**DATASET RECORDS**
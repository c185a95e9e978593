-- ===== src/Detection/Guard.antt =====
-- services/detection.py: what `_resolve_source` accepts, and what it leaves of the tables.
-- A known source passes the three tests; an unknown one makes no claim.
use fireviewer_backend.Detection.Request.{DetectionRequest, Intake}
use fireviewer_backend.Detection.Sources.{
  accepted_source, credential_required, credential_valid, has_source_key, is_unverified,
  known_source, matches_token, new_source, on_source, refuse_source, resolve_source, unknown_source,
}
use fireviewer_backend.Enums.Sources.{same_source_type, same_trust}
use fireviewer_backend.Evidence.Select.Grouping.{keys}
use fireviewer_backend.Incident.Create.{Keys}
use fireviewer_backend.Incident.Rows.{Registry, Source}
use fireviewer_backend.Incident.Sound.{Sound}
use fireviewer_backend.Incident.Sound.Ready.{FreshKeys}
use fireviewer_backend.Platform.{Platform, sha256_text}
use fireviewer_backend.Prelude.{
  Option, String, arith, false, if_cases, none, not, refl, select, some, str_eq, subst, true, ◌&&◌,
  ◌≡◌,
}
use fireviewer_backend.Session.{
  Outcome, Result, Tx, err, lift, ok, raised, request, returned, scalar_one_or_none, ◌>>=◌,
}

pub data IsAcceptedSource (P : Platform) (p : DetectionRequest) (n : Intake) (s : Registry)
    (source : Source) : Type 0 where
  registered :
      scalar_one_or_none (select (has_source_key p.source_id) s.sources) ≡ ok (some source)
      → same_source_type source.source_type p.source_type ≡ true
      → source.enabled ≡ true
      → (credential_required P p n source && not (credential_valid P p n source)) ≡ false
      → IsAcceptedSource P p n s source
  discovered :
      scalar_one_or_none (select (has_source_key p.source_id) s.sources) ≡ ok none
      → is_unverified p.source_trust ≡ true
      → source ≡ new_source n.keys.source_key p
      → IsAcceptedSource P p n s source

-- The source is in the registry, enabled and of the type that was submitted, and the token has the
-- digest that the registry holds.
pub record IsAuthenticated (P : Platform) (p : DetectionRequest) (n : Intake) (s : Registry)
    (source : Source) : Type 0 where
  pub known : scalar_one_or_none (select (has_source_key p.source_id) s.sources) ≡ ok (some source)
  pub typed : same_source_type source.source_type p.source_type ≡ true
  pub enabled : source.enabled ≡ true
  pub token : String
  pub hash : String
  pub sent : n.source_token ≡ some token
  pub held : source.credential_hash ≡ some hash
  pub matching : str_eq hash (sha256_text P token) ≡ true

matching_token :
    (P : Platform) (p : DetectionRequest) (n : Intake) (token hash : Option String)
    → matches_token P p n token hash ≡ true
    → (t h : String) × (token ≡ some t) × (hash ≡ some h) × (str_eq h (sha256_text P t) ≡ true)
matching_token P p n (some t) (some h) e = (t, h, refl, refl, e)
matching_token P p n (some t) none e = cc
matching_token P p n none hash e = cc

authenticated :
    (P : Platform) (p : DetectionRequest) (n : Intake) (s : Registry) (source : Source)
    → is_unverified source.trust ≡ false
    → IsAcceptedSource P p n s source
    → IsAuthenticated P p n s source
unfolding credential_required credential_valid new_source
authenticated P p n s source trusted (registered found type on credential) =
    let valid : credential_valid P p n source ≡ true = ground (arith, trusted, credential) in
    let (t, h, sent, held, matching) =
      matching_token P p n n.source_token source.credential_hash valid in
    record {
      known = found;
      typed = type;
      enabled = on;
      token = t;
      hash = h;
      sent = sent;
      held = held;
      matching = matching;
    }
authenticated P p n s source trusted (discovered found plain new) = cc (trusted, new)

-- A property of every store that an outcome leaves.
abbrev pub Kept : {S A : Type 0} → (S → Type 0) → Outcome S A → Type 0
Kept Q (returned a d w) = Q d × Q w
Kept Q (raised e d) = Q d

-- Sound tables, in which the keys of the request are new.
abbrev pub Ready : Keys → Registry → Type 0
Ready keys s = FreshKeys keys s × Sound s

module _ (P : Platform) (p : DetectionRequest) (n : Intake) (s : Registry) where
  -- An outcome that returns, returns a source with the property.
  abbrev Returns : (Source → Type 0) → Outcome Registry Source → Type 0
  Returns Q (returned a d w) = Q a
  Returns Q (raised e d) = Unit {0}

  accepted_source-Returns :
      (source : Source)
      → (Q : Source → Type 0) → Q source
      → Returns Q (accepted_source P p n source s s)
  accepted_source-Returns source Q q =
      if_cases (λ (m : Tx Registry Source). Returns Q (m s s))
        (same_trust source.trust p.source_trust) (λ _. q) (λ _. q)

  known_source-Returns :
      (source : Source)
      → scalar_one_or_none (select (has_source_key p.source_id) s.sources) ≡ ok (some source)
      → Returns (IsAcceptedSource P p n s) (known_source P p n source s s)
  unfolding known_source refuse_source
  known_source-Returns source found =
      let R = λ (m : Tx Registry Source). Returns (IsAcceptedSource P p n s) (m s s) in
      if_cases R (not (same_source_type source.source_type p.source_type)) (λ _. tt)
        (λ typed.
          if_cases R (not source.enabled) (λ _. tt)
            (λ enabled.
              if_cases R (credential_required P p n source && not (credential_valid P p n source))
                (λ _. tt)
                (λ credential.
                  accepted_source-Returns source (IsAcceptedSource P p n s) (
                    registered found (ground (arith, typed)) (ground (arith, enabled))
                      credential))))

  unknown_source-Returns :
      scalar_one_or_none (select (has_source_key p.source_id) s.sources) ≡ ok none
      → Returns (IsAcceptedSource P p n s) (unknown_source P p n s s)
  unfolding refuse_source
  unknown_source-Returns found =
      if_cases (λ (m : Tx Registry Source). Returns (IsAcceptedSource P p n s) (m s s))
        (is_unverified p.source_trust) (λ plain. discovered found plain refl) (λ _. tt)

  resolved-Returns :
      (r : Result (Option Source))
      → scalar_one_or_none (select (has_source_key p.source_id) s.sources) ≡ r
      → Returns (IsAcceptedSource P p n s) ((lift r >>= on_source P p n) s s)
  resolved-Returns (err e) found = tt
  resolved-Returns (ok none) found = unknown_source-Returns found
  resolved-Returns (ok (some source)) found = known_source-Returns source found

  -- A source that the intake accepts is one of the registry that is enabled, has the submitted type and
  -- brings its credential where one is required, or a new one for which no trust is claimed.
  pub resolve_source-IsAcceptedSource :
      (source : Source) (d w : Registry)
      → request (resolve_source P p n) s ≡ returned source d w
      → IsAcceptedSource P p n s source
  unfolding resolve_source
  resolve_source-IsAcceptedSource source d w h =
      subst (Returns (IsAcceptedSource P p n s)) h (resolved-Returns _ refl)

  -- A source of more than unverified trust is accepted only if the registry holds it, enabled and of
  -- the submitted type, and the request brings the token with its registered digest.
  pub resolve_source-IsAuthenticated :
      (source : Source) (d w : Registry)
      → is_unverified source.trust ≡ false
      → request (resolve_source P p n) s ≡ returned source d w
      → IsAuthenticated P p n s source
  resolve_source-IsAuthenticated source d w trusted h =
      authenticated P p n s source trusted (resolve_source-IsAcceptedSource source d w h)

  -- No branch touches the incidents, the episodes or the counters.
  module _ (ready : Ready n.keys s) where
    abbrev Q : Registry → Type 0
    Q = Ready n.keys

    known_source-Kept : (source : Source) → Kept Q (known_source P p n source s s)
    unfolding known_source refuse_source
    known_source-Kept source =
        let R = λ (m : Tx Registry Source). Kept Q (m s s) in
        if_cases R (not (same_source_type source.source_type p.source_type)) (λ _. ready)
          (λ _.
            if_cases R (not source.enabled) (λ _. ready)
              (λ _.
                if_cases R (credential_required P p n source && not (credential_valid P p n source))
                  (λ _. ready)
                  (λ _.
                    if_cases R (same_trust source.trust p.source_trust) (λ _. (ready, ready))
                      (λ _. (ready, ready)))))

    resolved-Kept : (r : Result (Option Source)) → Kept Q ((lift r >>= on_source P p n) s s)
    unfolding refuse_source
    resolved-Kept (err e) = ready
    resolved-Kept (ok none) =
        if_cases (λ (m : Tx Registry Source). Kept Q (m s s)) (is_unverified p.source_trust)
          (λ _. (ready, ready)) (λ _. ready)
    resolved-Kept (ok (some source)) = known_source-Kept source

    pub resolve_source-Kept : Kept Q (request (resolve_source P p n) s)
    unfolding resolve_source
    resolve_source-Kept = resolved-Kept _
--
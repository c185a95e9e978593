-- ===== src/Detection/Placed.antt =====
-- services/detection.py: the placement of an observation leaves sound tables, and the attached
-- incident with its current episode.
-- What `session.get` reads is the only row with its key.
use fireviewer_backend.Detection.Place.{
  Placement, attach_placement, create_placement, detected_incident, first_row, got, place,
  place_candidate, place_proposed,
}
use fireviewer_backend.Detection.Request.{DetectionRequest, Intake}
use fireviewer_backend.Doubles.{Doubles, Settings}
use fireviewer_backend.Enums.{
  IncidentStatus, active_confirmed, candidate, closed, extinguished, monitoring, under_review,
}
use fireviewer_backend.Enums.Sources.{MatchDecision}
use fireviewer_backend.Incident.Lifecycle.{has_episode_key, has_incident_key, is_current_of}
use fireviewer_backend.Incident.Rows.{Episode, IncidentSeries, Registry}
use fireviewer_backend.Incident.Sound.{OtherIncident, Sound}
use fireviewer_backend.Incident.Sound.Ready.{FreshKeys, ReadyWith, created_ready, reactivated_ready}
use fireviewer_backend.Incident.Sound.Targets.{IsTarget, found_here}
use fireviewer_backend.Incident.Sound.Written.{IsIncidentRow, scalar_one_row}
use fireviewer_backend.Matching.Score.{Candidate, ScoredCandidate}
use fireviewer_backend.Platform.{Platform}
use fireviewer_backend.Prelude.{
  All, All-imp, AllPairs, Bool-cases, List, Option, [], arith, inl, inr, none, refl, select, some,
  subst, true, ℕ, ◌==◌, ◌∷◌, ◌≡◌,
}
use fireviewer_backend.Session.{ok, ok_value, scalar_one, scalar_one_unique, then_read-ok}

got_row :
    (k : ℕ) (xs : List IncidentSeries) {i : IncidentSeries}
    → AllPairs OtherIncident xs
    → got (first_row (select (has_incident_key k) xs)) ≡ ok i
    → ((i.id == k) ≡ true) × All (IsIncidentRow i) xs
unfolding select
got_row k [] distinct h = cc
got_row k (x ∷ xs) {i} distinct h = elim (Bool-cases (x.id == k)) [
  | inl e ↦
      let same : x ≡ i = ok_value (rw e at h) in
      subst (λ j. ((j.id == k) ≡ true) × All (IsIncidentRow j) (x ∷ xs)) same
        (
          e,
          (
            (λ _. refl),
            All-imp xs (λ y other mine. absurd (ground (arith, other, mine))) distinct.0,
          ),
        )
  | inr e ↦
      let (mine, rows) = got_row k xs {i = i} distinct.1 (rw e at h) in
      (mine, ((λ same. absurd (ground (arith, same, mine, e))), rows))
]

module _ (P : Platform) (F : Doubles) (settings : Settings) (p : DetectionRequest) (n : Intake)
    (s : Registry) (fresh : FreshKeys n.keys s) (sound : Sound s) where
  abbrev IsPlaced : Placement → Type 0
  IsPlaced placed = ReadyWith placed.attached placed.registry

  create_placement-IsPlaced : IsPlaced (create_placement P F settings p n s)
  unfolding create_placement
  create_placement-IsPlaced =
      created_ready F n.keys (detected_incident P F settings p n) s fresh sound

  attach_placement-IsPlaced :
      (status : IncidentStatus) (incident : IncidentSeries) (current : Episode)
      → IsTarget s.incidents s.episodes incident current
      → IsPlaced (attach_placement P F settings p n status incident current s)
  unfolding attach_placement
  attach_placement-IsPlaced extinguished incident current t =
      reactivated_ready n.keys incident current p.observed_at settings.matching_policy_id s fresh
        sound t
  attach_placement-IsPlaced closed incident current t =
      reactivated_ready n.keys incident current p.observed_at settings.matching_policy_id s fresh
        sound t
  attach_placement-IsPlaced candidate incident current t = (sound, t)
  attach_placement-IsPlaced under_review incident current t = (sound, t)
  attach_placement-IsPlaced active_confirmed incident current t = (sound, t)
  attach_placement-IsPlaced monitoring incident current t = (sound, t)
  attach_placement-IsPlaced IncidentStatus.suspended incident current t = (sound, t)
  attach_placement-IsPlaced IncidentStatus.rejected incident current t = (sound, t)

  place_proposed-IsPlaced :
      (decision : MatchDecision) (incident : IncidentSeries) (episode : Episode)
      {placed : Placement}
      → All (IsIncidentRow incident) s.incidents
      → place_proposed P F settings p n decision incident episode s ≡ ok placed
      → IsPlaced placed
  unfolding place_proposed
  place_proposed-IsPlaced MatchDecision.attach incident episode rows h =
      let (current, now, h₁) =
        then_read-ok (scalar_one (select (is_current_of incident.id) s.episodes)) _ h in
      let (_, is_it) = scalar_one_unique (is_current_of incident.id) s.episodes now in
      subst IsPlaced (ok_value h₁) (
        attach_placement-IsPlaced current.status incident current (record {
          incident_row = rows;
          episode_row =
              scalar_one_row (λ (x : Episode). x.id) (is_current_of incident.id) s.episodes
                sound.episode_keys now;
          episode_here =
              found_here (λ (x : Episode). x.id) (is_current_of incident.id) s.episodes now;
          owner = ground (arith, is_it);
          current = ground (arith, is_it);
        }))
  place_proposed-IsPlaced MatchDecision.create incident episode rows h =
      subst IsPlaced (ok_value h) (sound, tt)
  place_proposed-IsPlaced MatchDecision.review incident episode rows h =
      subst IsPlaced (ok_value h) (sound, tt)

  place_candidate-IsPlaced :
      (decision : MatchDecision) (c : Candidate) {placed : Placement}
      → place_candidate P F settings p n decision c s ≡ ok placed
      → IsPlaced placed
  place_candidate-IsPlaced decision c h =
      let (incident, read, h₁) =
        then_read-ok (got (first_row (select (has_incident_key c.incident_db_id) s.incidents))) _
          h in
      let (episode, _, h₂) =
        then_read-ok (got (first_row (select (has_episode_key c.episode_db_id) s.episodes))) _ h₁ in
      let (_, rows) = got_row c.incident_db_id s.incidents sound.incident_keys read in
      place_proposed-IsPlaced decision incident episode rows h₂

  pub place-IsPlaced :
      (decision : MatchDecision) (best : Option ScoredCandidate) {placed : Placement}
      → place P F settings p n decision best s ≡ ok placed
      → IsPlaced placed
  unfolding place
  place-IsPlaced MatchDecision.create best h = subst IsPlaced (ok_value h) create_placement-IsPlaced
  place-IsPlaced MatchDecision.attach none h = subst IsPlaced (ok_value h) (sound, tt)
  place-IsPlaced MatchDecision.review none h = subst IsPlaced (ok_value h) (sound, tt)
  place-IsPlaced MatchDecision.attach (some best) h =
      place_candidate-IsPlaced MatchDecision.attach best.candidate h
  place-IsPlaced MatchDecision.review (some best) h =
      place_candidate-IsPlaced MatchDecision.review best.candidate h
* * *
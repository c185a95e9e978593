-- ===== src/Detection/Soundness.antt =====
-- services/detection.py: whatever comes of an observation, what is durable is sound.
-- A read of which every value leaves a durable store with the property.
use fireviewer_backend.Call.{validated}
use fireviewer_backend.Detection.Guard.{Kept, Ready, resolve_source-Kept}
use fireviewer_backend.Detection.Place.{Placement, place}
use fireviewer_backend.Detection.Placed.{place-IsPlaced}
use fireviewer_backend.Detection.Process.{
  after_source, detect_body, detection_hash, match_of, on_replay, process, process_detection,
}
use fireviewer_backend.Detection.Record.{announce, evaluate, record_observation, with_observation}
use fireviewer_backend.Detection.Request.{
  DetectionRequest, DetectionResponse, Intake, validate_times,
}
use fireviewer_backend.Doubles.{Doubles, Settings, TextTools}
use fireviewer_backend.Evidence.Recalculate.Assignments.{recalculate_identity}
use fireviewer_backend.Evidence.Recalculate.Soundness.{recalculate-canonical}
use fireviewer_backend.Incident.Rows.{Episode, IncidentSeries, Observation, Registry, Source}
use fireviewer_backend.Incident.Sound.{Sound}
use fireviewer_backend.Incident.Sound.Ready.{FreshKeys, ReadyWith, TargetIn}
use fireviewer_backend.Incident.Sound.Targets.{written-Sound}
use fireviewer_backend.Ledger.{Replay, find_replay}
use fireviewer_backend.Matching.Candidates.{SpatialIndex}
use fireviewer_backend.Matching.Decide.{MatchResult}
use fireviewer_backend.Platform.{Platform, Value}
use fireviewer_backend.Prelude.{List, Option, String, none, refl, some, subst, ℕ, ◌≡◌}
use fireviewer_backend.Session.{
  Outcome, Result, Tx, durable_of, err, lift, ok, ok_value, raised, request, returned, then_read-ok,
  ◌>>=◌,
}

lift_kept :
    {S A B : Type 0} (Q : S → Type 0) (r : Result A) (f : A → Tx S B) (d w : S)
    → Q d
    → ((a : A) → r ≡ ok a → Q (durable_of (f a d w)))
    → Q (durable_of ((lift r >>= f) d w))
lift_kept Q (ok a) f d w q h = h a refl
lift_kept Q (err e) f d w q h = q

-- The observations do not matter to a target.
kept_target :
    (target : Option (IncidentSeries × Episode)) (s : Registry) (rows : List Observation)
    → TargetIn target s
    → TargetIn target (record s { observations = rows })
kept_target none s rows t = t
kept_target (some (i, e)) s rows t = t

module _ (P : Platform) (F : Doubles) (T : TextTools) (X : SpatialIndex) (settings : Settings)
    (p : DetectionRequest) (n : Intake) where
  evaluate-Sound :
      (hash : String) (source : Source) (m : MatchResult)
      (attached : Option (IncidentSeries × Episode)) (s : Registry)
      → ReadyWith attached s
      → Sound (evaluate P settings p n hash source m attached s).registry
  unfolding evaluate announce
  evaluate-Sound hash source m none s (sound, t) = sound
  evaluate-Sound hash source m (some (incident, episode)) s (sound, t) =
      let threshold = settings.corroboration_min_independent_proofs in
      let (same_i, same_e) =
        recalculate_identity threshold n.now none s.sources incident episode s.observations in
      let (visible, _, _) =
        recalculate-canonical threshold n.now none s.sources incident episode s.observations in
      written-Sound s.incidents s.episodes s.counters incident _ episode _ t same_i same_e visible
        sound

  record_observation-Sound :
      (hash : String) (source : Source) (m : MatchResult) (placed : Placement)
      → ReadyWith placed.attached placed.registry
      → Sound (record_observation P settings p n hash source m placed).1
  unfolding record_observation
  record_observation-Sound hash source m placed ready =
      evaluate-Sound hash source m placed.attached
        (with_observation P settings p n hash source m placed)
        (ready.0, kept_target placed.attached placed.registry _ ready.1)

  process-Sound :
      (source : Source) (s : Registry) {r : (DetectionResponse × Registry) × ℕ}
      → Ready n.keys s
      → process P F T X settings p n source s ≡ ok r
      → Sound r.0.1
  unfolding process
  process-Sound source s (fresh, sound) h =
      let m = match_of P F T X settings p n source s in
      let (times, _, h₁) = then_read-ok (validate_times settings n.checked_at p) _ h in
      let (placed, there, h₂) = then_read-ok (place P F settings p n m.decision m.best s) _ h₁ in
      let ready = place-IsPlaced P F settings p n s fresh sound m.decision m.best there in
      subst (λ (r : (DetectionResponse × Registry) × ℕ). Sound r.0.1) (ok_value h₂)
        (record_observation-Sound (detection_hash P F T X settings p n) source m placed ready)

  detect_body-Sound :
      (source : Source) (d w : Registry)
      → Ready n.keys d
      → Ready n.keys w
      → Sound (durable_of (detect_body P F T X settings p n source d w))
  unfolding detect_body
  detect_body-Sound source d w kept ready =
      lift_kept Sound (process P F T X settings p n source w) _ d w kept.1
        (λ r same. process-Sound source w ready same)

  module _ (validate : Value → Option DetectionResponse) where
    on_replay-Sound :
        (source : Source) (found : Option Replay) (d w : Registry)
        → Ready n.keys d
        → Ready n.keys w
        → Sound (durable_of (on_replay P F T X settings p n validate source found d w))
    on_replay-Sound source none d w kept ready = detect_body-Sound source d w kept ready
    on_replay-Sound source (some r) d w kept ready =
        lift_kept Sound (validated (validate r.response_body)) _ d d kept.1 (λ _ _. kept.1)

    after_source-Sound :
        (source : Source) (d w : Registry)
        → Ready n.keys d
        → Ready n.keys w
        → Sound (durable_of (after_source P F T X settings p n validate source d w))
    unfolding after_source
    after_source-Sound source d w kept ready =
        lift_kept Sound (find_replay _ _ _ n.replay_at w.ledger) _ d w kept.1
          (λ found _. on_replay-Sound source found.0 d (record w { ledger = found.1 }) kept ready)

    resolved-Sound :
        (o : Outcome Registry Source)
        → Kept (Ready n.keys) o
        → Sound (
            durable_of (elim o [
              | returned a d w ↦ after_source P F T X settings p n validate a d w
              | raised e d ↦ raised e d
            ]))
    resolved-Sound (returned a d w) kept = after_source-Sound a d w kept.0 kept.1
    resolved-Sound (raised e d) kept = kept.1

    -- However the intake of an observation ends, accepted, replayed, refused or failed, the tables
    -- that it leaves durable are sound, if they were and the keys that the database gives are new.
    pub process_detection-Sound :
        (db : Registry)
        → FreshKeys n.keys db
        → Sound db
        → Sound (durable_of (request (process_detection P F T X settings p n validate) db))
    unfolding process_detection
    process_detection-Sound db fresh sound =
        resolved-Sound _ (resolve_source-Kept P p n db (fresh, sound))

**YOUR OBJECTIVE**
The entries above hold a line with "place_candidate-IsPlaced decision c" and a later line with "place-IsPlaced MatchDecision.attach none". Write out exactly those lines and all lines between, nothing more.

**TASK RESULT**
  place_candidate-IsPlaced decision c h =
      let (incident, read, h₁) =
        then_read-ok (got (first_row (select (has_incident_key c.incident_db_id) s.incidents))) _
          h in
      let (episode, _, h₂) =
        then_read-ok (got (first_row (select (has_episode_key c.episode_db_id) s.episodes))) _ h₁ in
      let (_, rows) = got_row c.incident_db_id s.incidents sound.incident_keys read in
      place_proposed-IsPlaced decision incident episode rows h₂

  pub place-IsPlaced :
      (decision : MatchDecision) (best : Option ScoredCandidate) {placed : Placement}
      → place P F settings p n decision best s ≡ ok placed
      → IsPlaced placed
  unfolding place
  place-IsPlaced MatchDecision.create best h = subst IsPlaced (ok_value h) create_placement-IsPlaced
  place-IsPlaced MatchDecision.attach none h = subst IsPlaced (ok_value h) (sound, tt)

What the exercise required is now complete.